Помилование | страница 43
Возле хутора Чернявка сержант Зух как-то упустил из виду крутой поворот. Заметив, резко переложил рычаг, но было поздно. Левый бок транспортера зацепил стенку скосившейся глинобитной лачужки возле обочины. Фыркнув, взметнулось облако пыли, с истошным кудахтаньем вылетели оттуда разбуженные три курицы. Зух, остановив машину, спрыгнул на землю. Пролез через пролом в стене, осмотрел лачужку. Кроме тех трех кур, никакая другая живая душа вести не подавала. Да и куры улизнули в крапиву.
Шагах в пятнадцати — двадцати отсюда внутри ограды стоял довольно большой дом. В доме тоже ни огня, ни звука. «Э, не бог весть какая беда, война как-никак… — стал успокаивать себя сержант. — Трем курам сон потревожил. А лачужку починить — глины полон овраг». Подумал так Любомир Зух и отправился дальше. Пегую козу, что лежала в дальнем углу и лениво жевала жвачку, он не заметил. И та знать о себе не дала.
А дом за оградой не был пуст и безжизнен, как показалось Зуху. Кто-то один сначала осторожно подошел к окну, высматривал, что там, на улице, когда же машина тронулась, он вышел к жердяным воротам, постоял, вытянувшись длинным телом, но на улицу выходить не стал, лег грудью на верхнюю жердь и смотрел вслед бронетранспортеру. Дорога вся лежала на виду.
Это был Ефимий Лукич Буренкин, мужик крепко за шестьдесят, известный в округе печник и жестянщик. И так же известен был он в округе своей прижимистостью. Чужого не возьмет, однако и своего, хоть сдохнет, а не даст — вот таков Ефимий Лукич, скуп, а не жаден. И упрямства хватает. Из-за этого своего упрямства он и перед немцами не трусил, наши вернулись — и перед нашими особенно не суетился, тело свое, длинное, узкое, как вечерняя тень, ни перед кем не гнул. Единственного сына Ефимия Лукича в первые же дни войны призвали в армию. Пришли откуда-то из-под Казани два письма, и больше вестей не было. Да и какие вести — сколько времени между ними стоял враг. Может, сын и живой еще. Сноха — кроткая Фрося — прошлой осенью, когда на дальнем поле всем хутором молотили для немца хлеб, однажды ночью сошлась с немецким солдатом и, не вынеся позора, на рассвете повесилась на суку одинокого дуба на меже. Ни обвинить, ни осудить ее никто не успел. Сама себя обвинила, осудила, и сама себе эту казнь назначила. На руках у дедушки остались восьмилетний внук Васютка и внучка Маринка, пяти лет. Старуха у Ефимия Лукича умерла еще четырьмя годами раньше.
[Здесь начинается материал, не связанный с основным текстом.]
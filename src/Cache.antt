-- ===== src/Cache.antt =====
-- class HostBufferCache of csrc/instant_tensor/io_context.hpp. Its mutex makes each call one step.
pub mod Globals
mod Tests
use instant_tensor.Base.{
  ℕ, ◌≡◌, ◌≤◌, ◌<◌, refl, ap, ◌∙◌, Bool-cases, inl, inr, leb, leb→le, leb→lt, le→leb, lt→leb,
  if◌then◌else◌, List, [], ◌∷◌, ◌++◌, ◌⊎◌, arith,
}
use instant_tensor.Types.{HostBufferCacheEntry}

unfoldable pub put : List HostBufferCacheEntry → HostBufferCacheEntry → List HostBufferCacheEntry
put cached_host_buffers entry = cached_host_buffers ++ entry ∷ []

-- What `get` returns without a fit.
abbrev pub no_entry : HostBufferCacheEntry
no_entry = record { ptr = 0; size = 0 }

-- The entry, and the entries that stay.
unfoldable pub get :
    List HostBufferCacheEntry → ℕ → HostBufferCacheEntry × List HostBufferCacheEntry
get [] size = (no_entry, [])
get (entry ∷ rest) size =
    let later = get rest size in
    if leb size entry.size then (entry, rest) else (later.0, entry ∷ later.1)

abbrev pub AllSmaller : ℕ → List HostBufferCacheEntry → Type 0
AllSmaller size [] = Unit
AllSmaller size (entry ∷ rest) = (entry.size < size) × AllSmaller size rest

-- `get` takes out the first entry that is large enough: every entry in front of it is too small, and
-- the others stay in their order. Where there is none, it returns the null entry and the cache stays
-- as it is.
pub get_lem :
    (cached : List HostBufferCacheEntry) (size : ℕ)
    → ((front : List HostBufferCacheEntry) × (back : List HostBufferCacheEntry)
        × (entry : HostBufferCacheEntry) × (cached ≡ front ++ entry ∷ back)
        × (get cached size ≡ (entry, front ++ back))
        × (size ≤ entry.size)
        × AllSmaller size front)
      ⊎ ((get cached size ≡ (no_entry, cached)) × AllSmaller size cached)
unfolding get
get_lem [] size = inr (refl, tt)
get_lem (x ∷ rest) size = elim (Bool-cases (leb size x.size)) [
  | inl fits ↦ inl ([], rest, x, refl, rw fits refl, leb→le _ _ fits, tt)
  | inr small ↦ elim (get_lem rest size) [
    | inl (front, back, entry, e, g, large, all) ↦
        inl
          (x ∷ front, back, entry, ap (◌∷◌ x) e, rw (small, g) refl, large, (leb→lt _ _ small, all))
    | inr (g, all) ↦ inr (rw (small, g) refl, (leb→lt _ _ small, all))
  ]
]

-- A buffer that was put is got again for any size that it holds, if nothing else in the cache holds
-- that size.
pub get-put :
    (cached : List HostBufferCacheEntry) (entry : HostBufferCacheEntry) (size : ℕ)
    → AllSmaller size cached
    → size ≤ entry.size
    → get (put cached entry) size ≡ (entry, cached)
unfolding get put
get-put [] entry size all h = rw (le→leb _ _ h) refl
get-put (x ∷ rest) entry size (small, all) h =
    rw (lt→leb _ _ small, get-put rest entry size all h) refl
Ефимий Лукич подошел к совсем уже покосившейся лачужке. Не успел и коснуться ее, как остальные три чудом еще державшиеся стены рухнули разом. Пегая коза промекала коротко и затихла. Последней ее жалобы хозяин и не расслышал. «Чтоб тебя, окаянного!» — обругал кого-то Ефимий Лукич. Потом принялся рассуждать. «Без причины не то что сарай, а даже галочье гнездо разорять нельзя. Прежде чем разрушить, кто-то ведь строил его. Кто сломал, пусть и ответит. По всей строгости закона». Тут он вспомнил про пегую козу. «Коза! Эй, коза' Козочка'» — позвал он. Ответа не было. «Бродит, должно быть, где-то», — решил Ефимий Лукич, пошел домой и лег спать. Только рассвело, не вытерпел, снова пошел к сарайчику. Из-под кучи глинобитных обломков торчала одна пегая нога. Из четырех кур на глазах было только две. Большая беда пришла в дом Ефимия Лукича.